The ESI was operated in positive mode with spray nebulizer at 3 bar nitrogen, a dry gas flow, and temperature of 12 L/min and 280 °C, respectively. The capillary cap voltage was set to 4.5 kV and end-plate offset of 0.5 kV. Target mass was set to 500 and for MRM conditions, a pre-determined list of ions representing the sodium adducts of exact masses of neutral and charged species was applied: Xyl2 (m/z 305), Xyl2Ac (m/z 347), Xyl2Ac2 (m/z 389), Xyl3 (m/z 437), Xyl3Ac (m/z 479), Xyl3Ac2 (m/z 521), Xyl3Ac3 (m/z 563), XylMeGlcA (m/z 231), Xyl2MeGlcA (m/z 495), Xyl2MeGlcAAc (m/z 537), Xyl3MeGlcA (m/z 627), Xyl3MeGlcAAc (m/z 669), Xyl3MeGlcAAc2 (m/z 711), Xyl4MeGlcA (m/z 759), Xyl4MeGlcAAc (m/z 801), and Xyl4MeGlcAAc2 (m/z 843). CID fragmentation was performed using SmartFrag enhanced amplitude ramping of 100% and helium as the colliding gas. Data analysis and quantification were performed by Compass DataAnalysis 4.2 and Compass QuantAnalysis 2.2 from Bruker Daltonics.

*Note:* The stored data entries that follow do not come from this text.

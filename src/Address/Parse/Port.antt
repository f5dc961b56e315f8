-- ===== src/Address/Parse/Port.antt =====
-- The port of an address in a string.
use setka.Prelude.{ℕ, ◌+◌, ◌-◌, ◌*◌, ◌≡◌, true, [], ◌∷◌}
use setka.Utki.{Bytes}
use setka.Address.Parse.{is_digit}

-- The number that digits stand for, the first the highest.
unfoldable pub decimal : ℕ → Bytes → ℕ
decimal v [] = v
decimal v (c ∷ s) = decimal (v * 10 + (c - b'0')) s

abbrev pub IsDigit : ℕ → Type 0
IsDigit c = is_digit c ≡ true
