-- ===== src/Address/Parse/Whole.antt =====
-- Whole addresses in strings: a host, and a port or none.
use setka.Prelude.{ℕ, ◌≡◌, ◌≢◌, ◌≤◌, true, Option, none, some, length, All}
use setka.Utki.{Utki, Bytes}
use setka.Address.{Ip, Address}
use setka.Address.Parse.{is_ip_v4_string}

-- A host as it stands in front of a port: IPv4, with a dot and at most 15 characters, none of them a
-- colon.
pub record IsHost4 (h : Bytes) : Type 0 where
  pub dotted : is_ip_v4_string h ≡ true
  pub no_colon : All (λ c. c ≢ b':') h
  pub no_bracket : All (λ c. c ≢ b'[') h
  pub short : length h ≤ 15

-- IPv6, at most 45 characters.
pub record IsHost6 (h : Bytes) : Type 0 where
  pub no_bracket : All (λ c. c ≢ b']') h
  pub short : length h ≤ 45

-- A host with a port.
abbrev pub at_port : Option Ip → ℕ → Option Address
at_port none port = none
at_port (some i) port = some (record { host = i; port = port })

Quantification of enzyme reaction products was done against external calibration curves of authenticated standards of xylobiose, xylotriose, xylotetraose, and reduced aldotetrauronic acid all of which were purchased from Megazyme, Ireland. Samples for quantification purposes were treated with NaOH prior to analysis (and after enzyme reaction) in order to raise pH > 11 and hereby remove all acetylations. This procedure resulted in a much simplified mixture of reaction products mainly consisting of xylose, xylobiose, xylotriose, xylotetraose, aldotriuronic acid, aldotetrauronic acid, and aldopentauronic acid (see Additional file 14). The aldouronic acids were quantified relative to the signal response for reduced aldotetrauronic acid. Elaborate description of the quantification procedure is provided in the Additional files 2, 15.